Bagaimana dengan pilihan dalam dan luar negeri? Indonesia, tidak usah disebut lagi, memiliki segalanya. Untuk wisata alam bebas, Indonesia sudah menjadi surga bagi para pelancong dunia. Banyak juga tempat yang tersembunyi bagi wisatawan lokal tapi malah sudah sangat terkenal bagi pelancong luar negeri. Spot-spot surfing yang

menantang misalnya. Karena itu, tidak heran ketika tsunami melanda Mentawai, yang datang menolong terlebih dulu justru orang Australia yang mengenal kepulauan itu karena ombak surfing-nya yang menawan. Demikian pula yang memiliki situs tentang gunung-gunung yang bisa dipanjat di Indonesia adalah seorang bule,  John Seach (www.volcano live.com).

Untuk wisata kota dan budaya, Indonesia pun tidak kekeringan sumber. Mungkin kebanyakan yang telah dieksploitasi dan dikembangkan berada di Pulau Jawa dan Bali. Tapi bukan berarti pulau-pulau lain tidak punya sumber wisata kota dan wisata budaya yang menarik.

Makassar misalnya, belakangan semakin membuka diri, mengombinasikan wisata modern Taman Rekreasi Transworld dengan semakin menjual wisata sejarah yang telah ada sedari dulu, yaitu Benteng Rotterdam.

Bicara soal wisata luar negeri, Asia Tenggara masih jadi pilihan karena faktor kedekatannya. Jarak dekat negara-negara Asia Tenggara relatif masih bisa ditempuh dengan alat transportasi selain pesawat udara. Misalnya kita bisa naik feri dari Batam atau tepatnya dari Jakarta kita bisa naik kapal laut ke Medan atau Batam, lalu dilanjutkan ke Singapura dengan feri. Demikian pula ke Malaysia (Pulau Penang) yang bisa ditempuh dengan feri dari Medan. Kalaupun pesawat udara menjadi pilihan, jam terbangnya tidak terlalu lama atau tidak membutuhkan

transit sehingga menghasilkan polusi relatif lebih sedikit.

Berkeliling Asia Tenggara pun sudah bisa dilakukan dengan layanan kereta api yang cukup nyaman. Singapura-Malaysia- Thailand telah terhubung dengan jalur rel dengan layanan kereta eksekutif, lengkap dengan gerbong tidur.  Dengan demikian, kita bisa memilih perjalanan yang lebih hijau namun tetap nyaman.
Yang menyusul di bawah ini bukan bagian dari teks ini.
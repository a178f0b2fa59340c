-- ===== src/Coverage/Credit/Exact.antt =====
-- Exactly what a run is credited with.
use flatpak_blackbox_tests.Base.{
  String, Bool, true, false, ◌&&◌, ◌||◌, List, [], ◌∷◌, ◌==◌, any, contains, add_all, ◌≡◌, ap, ◌∙◌,
  subst, arith, Bool-cases, inl, inr,
}
use flatpak_blackbox_tests.Base.Sets.{contains-add_all}
use flatpak_blackbox_tests.Base.Sort.{sorted}
use flatpak_blackbox_tests.Json.Value.{ok, >>=-eq-ok}
use flatpak_blackbox_tests.Coverage.Records.{CaseResult, RunReport, or_empty}
use flatpak_blackbox_tests.Coverage.Subject.{is_passing}
use flatpak_blackbox_tests.Coverage.Model.{CoverageModel}
use flatpak_blackbox_tests.Coverage.Credit.{
  Credit, no_credit, mapped_to, add_equivalents_of, observed, add_requirements, credited,
  credit_passing, credit_result, credit_results, add_interface_evidence, count_one,
}
use flatpak_blackbox_tests.Coverage.Credit.Loops.{
  add_equivalents-Adds, is_invoked, add_requirements-Requires, reaches, is_observable, or_nothing,
  credited_exact,
}

-- The case covers the requirement.
abbrev pub covers : CoverageModel → CaseResult → String → Bool
covers m r i = contains i (mapped_to m r).requirements

-- The case asserts the surface, by itself or through a requirement that it covers.
abbrev pub asserts : CoverageModel → CaseResult → String → Bool
asserts m r s =
    contains s (mapped_to m r).surface_assertions
    || any (reaches m.requirements s) (mapped_to m r).requirements

abbrev pub functions_of : CaseResult → List String
functions_of r = observed "library.function." (λ e. e.api_calls) (or_empty r.evidence)

abbrev pub signals_of : CaseResult → List String
signals_of r = observed "library.signal." (λ e. e.signals) (or_empty r.evidence)

-- The case asserts the surface, and observed it if it is a function or a signal.
abbrev pub credits_surface : CoverageModel → CaseResult → String → Bool
credits_surface m r s = asserts m r s && is_observable m.surfaces (functions_of r) (signals_of r) s

-- The case maps the option as an equivalence check, and its evidence invokes the option.
abbrev pub credits_option : CoverageModel → RunReport → CaseResult → String → Bool
credits_option m report r i =
    any (λ j. j == i && is_invoked report r j) (mapped_to m r).equivalent_options

record Credits (m : CoverageModel) (report : RunReport) (r : CaseResult) (c c' : Credit)
    : Type 0 where
  passed : (i : String) → contains i c'.passed ≡ (contains i c.passed || covers m r i)
  surfaces :
      (s : String)
      → contains s c'.passed_surfaces ≡ (contains s c.passed_surfaces || credits_surface m r s)
  options :
      (i : String)
      → contains i c'.passed_equivalent
        ≡ (contains i c.passed_equivalent || credits_option m report r i)

joined :
    {x y a a' p : Bool} (o : Bool) → x ≡ (a && o) → a ≡ a' → y ≡ p → (x || y) ≡ (p || (a' && o))
joined o h k l = ground arith

credit_passing-Credits :
    (m : CoverageModel) (report : RunReport) (r : CaseResult) (c c' : Credit)
    → credit_passing m report r c ≡ ok c'
    → Credits m report r c c'
unfolding credit_passing
credit_passing-Credits m report r c c' h =
    let entry = mapped_to m r in
    let (c₁, first, h₁) = >>=-eq-ok (add_equivalents_of report r entry.equivalent_options c) _ h in
    let (found, second, h₂) =
      >>=-eq-ok (add_requirements m.requirements r entry.requirements c₁ entry.surface_assertions) _
        h₁ in
    let (surfaces, third, h₃) =
      >>=-eq-ok (credited m.surfaces (functions_of r) (signals_of r) found.1) _ h₂ in
    let a = add_equivalents-Adds report r entry.equivalent_options c c₁ first in
    let b =
      add_requirements-Requires m.requirements r entry.requirements c₁ found.0
        entry.surface_assertions found.1 second in
    let last : Credit = record (found.0) {
      passed_surfaces = add_all surfaces found.0.passed_surfaces;
      interface_evidence =
          add_interface_evidence r.identity (sorted surfaces) found.0.interface_evidence;
    } in
    let same : last ≡ c' = cc h₃ in
    subst (Credits m report r c) same (record {
      passed = λ i. b.passed i ∙ ap (λ l. contains i l || covers m r i) a.passed;
      surfaces = λ s.
          contains-add_all s surfaces found.0.passed_surfaces
          ∙ joined (is_observable m.surfaces (functions_of r) (signals_of r) s)
              (credited_exact m.surfaces (functions_of r) (signals_of r) found.1 surfaces s third)
              (b.asserts s) (ap (contains s) (b.passed_surfaces ∙ a.passed_surfaces));
      options = λ i. ap (contains i) b.passed_equivalent ∙ a.equivalent i;
    })

-- What one result adds, whatever its status.
record CreditsResult (m : CoverageModel) (report : RunReport) (r : CaseResult) (c c' : Credit)
    : Type 0 where
  passed :
      (i : String) → contains i c'.passed ≡ (contains i c.passed || (is_passing r && covers m r i))
  surfaces :
      (s : String)
      → contains s c'.passed_surfaces
        ≡ (contains s c.passed_surfaces || (is_passing r && credits_surface m r s))
  options :
      (i : String)
      → contains i c'.passed_equivalent
        ≡ (contains i c.passed_equivalent || (is_passing r && credits_option m report r i))

if_passing : {x : Bool} (a b g : Bool) → g ≡ true → x ≡ (a || b) → x ≡ (a || (g && b))
if_passing a b g h e = rw h e

if_not : (g a b : Bool) → g ≡ false → a ≡ (a || (g && b))
if_not g a b h = ground arith

credit_result-Credits :
    (m : CoverageModel) (report : RunReport) (r : CaseResult) (c c' : Credit)
    → credit_result m report r c ≡ ok c'
    → CreditsResult m report r c c'
unfolding credit_result
credit_result-Credits m report r c c' h =
    let counted : Credit = record c { statuses = count_one r.status c.statuses } in
    elim (Bool-cases (is_passing r)) [
      | inl pass ↦
          let k = credit_passing-Credits m report r counted c' (rw pass at h) in
          record {
            passed = λ i.
                if_passing (contains i c.passed) (covers m r i) (is_passing r) pass (k.passed i);
            surfaces = λ s.
                if_passing (contains s c.passed_surfaces) (credits_surface m r s) (is_passing r)
                  pass (k.surfaces s);
            options = λ i.
                if_passing (contains i c.passed_equivalent) (credits_option m report r i)
                  (is_passing r) pass (k.options i);
          }
      | inr other ↦
          let same : counted ≡ c' = cc (rw other at h) in
          subst (CreditsResult m report r c) same (record {
            passed = λ i. if_not (is_passing r) (contains i c.passed) (covers m r i) other;
            surfaces = λ s.
                if_not (is_passing r) (contains s c.passed_surfaces) (credits_surface m r s) other;
            options = λ i.
                if_not (is_passing r) (contains i c.passed_equivalent) (credits_option m report r i)
                  other;
          })
    ]

-- What the results of a run add to a credit.
pub record CreditsAll (m : CoverageModel) (report : RunReport) (rs : List CaseResult)
    (c c' : Credit) : Type 0 where
  pub passed :
      (i : String)
      → contains i c'.passed ≡ (contains i c.passed || any (λ r. is_passing r && covers m r i) rs)
  pub surfaces :
      (s : String)
      → contains s c'.passed_surfaces
        ≡ (contains s c.passed_surfaces || any (λ r. is_passing r && credits_surface m r s) rs)
  pub options :
      (i : String)
      → contains i c'.passed_equivalent ≡ (
          contains i c.passed_equivalent
          || any (λ r. is_passing r && credits_option m report r i) rs)

chain : {x y : Bool} (p q r : Bool) → x ≡ (p || q) → y ≡ (x || r) → y ≡ (p || (q || r))
chain p q r h k = ground arith

pub credit_results-CreditsAll :
    (m : CoverageModel) (report : RunReport) (rs : List CaseResult) (c c' : Credit)
    → credit_results m report rs c ≡ ok c'
    → CreditsAll m report rs c c'
unfolding credit_results
credit_results-CreditsAll m report [] c c' h =
    let same : c ≡ c' = cc h in
    subst (CreditsAll m report [] c) same (record {
      passed = λ i. or_nothing (contains i c.passed);
      surfaces = λ s. or_nothing (contains s c.passed_surfaces);
      options = λ i. or_nothing (contains i c.passed_equivalent);
    })
credit_results-CreditsAll m report (r ∷ rs) c c' h =
    let (c₁, first, rest) = >>=-eq-ok (credit_result m report r c) _ h in
    let a = credit_result-Credits m report r c c₁ first in
    let b = credit_results-CreditsAll m report rs c₁ c' rest in
    record {
      passed = λ i. chain (contains i c.passed) _ _ (a.passed i) (b.passed i);
      surfaces = λ s. chain (contains s c.passed_surfaces) _ _ (a.surfaces s) (b.surfaces s);
      options = λ i. chain (contains i c.passed_equivalent) _ _ (a.options i) (b.options i);
    }

-- From no credit, a run passes exactly the requirements that some passing case covers, the surfaces
-- that some passing case asserts, and observed if they are functions or signals, and the equivalent
-- options that some passing case maps and invoked.
pub credit_results_exact :
    (m : CoverageModel) (report : RunReport) (rs : List CaseResult) (c : Credit)
    → credit_results m report rs no_credit ≡ ok c
    → (x : String)
    → (contains x c.passed ≡ any (λ r. is_passing r && covers m r x) rs)
      × (contains x c.passed_surfaces ≡ any (λ r. is_passing r && credits_surface m r x) rs)
      × (contains x c.passed_equivalent ≡ any (λ r. is_passing r && credits_option m report r x) rs)
credit_results_exact m report rs c h x =
    let k = credit_results-CreditsAll m report rs no_credit c h in
    (k.passed x, k.surfaces x, k.options x)
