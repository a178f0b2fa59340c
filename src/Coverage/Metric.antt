-- ===== src/Coverage/Metric.antt =====
-- coverage_report.py: `percentage` and `metric`. A set is a list without repetition. How Python
-- rounds `count * 100 / total` is a parameter.
pub mod Bounds
use flatpak_blackbox_tests.Base.{
  ℕ, String, Bool, Option, none, some, List, length, keep, contains, eqb, if◌then◌else◌,
}
use flatpak_blackbox_tests.Json.Value.{Float}

pub record CoverageMetric : Type 0 where
  pub total : ℕ
  pub implemented : ℕ
  pub implemented_percent : Option Float
  pub passed : Option ℕ
  pub passed_percent : Option Float

-- `len(universe & part)`
abbrev pub overlap : List String → List String → ℕ
overlap universe part = length (keep (λ x. contains x part) universe)

module _ (round_percent : ℕ → ℕ → Float) where
  unfoldable pub percentage : ℕ → ℕ → Option Float
  percentage count total = if eqb total 0 then none else some (round_percent count total)

  unfoldable pub metric : List String → List String → Option (List String) → CoverageMetric
  unfolding percentage
  metric universe implemented none =
      let total = length universe in
      let implemented_count = overlap universe implemented in
      record {
        total = total;
        implemented = implemented_count;
        implemented_percent = percentage implemented_count total;
        passed = none;
        passed_percent = none;
      }
  metric universe implemented (some passed) =
      let total = length universe in
      let implemented_count = overlap universe implemented in
      let passed_count = overlap universe passed in
      record {
        total = total;
        implemented = implemented_count;
        implemented_percent = percentage implemented_count total;
        passed = some passed_count;
        passed_percent = percentage passed_count total;
      }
Soal pilihan tempat wisata, meskipun Asia Tenggara terkenal dengan wisata belanjanya, trek-trek hijau tetap

tersedia. Singapura sudah lama terkenal dengan Jurong Bird Park serta Night Safari-nya. Malaysia punya spot-spot diving yang bagus. Sementara Thailand punya berbagai atraksi gajah yang menarik, selain wisata alam yang cantik. Negara Asia Tenggara lain yang masih berkembang, seperti Laos, Kamboja, dan Vietnam justru menawarkan kemolekan alam yang masih jarang tersentuh tangan-tangan bisnis.

Eropa, Amerika, dan Australia-benua-benua “bule” selalu punya daya tarik tersendiri bagi orang Indonesia.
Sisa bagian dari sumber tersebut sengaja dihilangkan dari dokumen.